Information shown: Begin
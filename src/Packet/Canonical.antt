-- ===== src/Packet/Canonical.antt =====
-- `canonicalJSON` of internal/packetissuance/validation.go: the one text of a decoded value, with
-- sorted keys, whose hash identifies an operation. The result is the code points; `none` is an error.
use chrono_desk.Text.Decimal.{format_int, negsuc, parse_int, pos, ℤ}
use chrono_desk.Text.Chars.{codes, valid_text}
use chrono_desk.Prelude.{
  List, Option, String, [], if◌then◌else◌, leb, ltb, none, some, ℕ, ◌%◌, ◌&&◌, ◌++◌, ◌+◌, ◌-◌, ◌/◌,
  ◌^◌, ◌∷◌,
}
use Prim.Native.String.{compare}
use text.Mathlib.Text.{is_le}
use chrono_desk.Prelude.Classes.{nat_eq, list_eq, ◌==◌}
use chrono_desk.Packet.Json.{
  null, boolean, string, number, array, object, nil, cons, end, field, Fields, Items, Value,
  max_safe_integer,
}

-- A digit of `%04x`.
hex_digit : ℕ → ℕ
hex_digit n = if ltb n 10 then b'0' + n else b'a' + (n - 10)

-- One round of the loop of `writeJSONString`.
escape_char : ℕ → List ℕ
unfolding hex_digit
escape_char r =
    if r == 0x22
    then 0x5c ∷ 0x22 ∷ []
    else if r == 0x5c
    then 0x5c ∷ 0x5c ∷ []
    else if r == 8
    then 0x5c ∷ b'b' ∷ []
    else if r == 12
    then 0x5c ∷ b'f' ∷ []
    else if r == 10
    then 0x5c ∷ b'n' ∷ []
    else if r == 13
    then 0x5c ∷ b'r' ∷ []
    else if r == 9
    then 0x5c ∷ b't' ∷ []
    else if ltb r 0x20
    then 0x5c ∷ b'u' ∷ b'0' ∷ b'0' ∷ hex_digit (r / 16) ∷ hex_digit (r % 16) ∷ []
    else r ∷ []

escape_codes : List ℕ → List ℕ
unfolding escape_char
escape_codes [] = []
escape_codes (r ∷ rs) = escape_char r ++ escape_codes rs

unfoldable pub write_json_string : String → List ℕ
unfolding escape_codes
write_json_string value = 0x22 ∷ (escape_codes (codes value) ++ (0x22 ∷ []))

-- A number is written as it stands if it is the canonical form of a safe integer.
canonical_number : Option ℤ → List ℕ → Option (List ℕ)
canonical_number none s = none
canonical_number (some (negsuc n)) s = none
canonical_number (some (pos n)) s =
    if leb n max_safe_integer && format_int (pos n) == s then some s else none

-- A written field, by its key.
pub record Entry : Type 0 where
  pub key : String
  pub body : List ℕ

-- `sort.Strings` on the keys, each with its written value.
unfoldable pub insert_entry : Entry → List Entry → List Entry
insert_entry e [] = e ∷ []
insert_entry e (x ∷ xs) =
    let rest = insert_entry e xs in if is_le (compare e.key x.key) then e ∷ x ∷ xs else x ∷ rest

unfoldable pub sort_entries : List Entry → List Entry
unfolding insert_entry
sort_entries [] = []
sort_entries (e ∷ es) = insert_entry e (sort_entries es)

join_entries : List Entry → List ℕ
unfolding write_json_string
join_entries [] = []
join_entries (e ∷ []) = write_json_string e.key ++ (b':' ∷ e.body)
join_entries (e ∷ f ∷ rest) =
    write_json_string e.key ++ (b':' ∷ (e.body ++ (b',' ∷ join_entries (f ∷ rest))))

join_items : List (List ℕ) → List ℕ
join_items [] = []
join_items (x ∷ []) = x
join_items (x ∷ y ∷ rest) = x ++ (b',' ∷ join_items (y ∷ rest))

abbrev option_cons {ℓ} : {A : Type ℓ} → Option A → Option (List A) → Option (List A)
option_cons none xs = none
option_cons (some x) none = none
option_cons (some x) (some xs) = some (x ∷ xs)

abbrev entry_of : String → Option (List ℕ) → Option Entry
entry_of k none = none
entry_of k (some body) = some (record { key = k; body = body })

abbrev bracket : ℕ → ℕ → Option (List ℕ) → Option (List ℕ)
bracket open_ close none = none
bracket open_ close (some body) = some (open_ ∷ (body ++ (close ∷ [])))

abbrev joined_items : Option (List (List ℕ)) → Option (List ℕ)
joined_items none = none
joined_items (some xs) = some (join_items xs)

abbrev joined_entries : Option (List Entry) → Option (List ℕ)
joined_entries none = none
joined_entries (some es) = some (join_entries (sort_entries es))

-- The limit of a text here is the greatest int.
unfoldable mutual
  unfolding canonical_number join_items join_entries sort_entries

  pub write_canonical : Value → Option (List ℕ)
  write_canonical null = some (codes "null")
  write_canonical (boolean b) = some (if b then codes "true" else codes "false")
  write_canonical (string s) =
      if valid_text s (2 ^ 63 - 1) then some (write_json_string s) else none
  write_canonical (number s) = canonical_number (parse_int 64 s) (codes s)
  write_canonical (array vs) = bracket b'[' b']' (joined_items (write_items vs))
  write_canonical (object fs) = bracket b'{' b'}' (joined_entries (write_fields fs))

  pub write_items : Items → Option (List (List ℕ))
  write_items nil = some []
  write_items (cons v vs) = option_cons (write_canonical v) (write_items vs)

  pub write_fields : Fields → Option (List Entry)
  write_fields end = some []
  write_fields (field k v fs) = option_cons (entry_of k (write_canonical v)) (write_fields fs)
Information shown: End
• _What you have to do_
Nothing but the lines from the start of the data above through the line with "-- sorted keys, whose" should appear in your answer, copied exactly.

• _Exercise output_
filename src/Packet/Canonical.antt
-- ===== src/Packet/Canonical.antt =====
-- `canonicalJSON` of internal/packetissuance/validation.go: the one text of a decoded value, with
-- sorted keys, whose hash identifies an operation. The result is the code points; `none` is an error.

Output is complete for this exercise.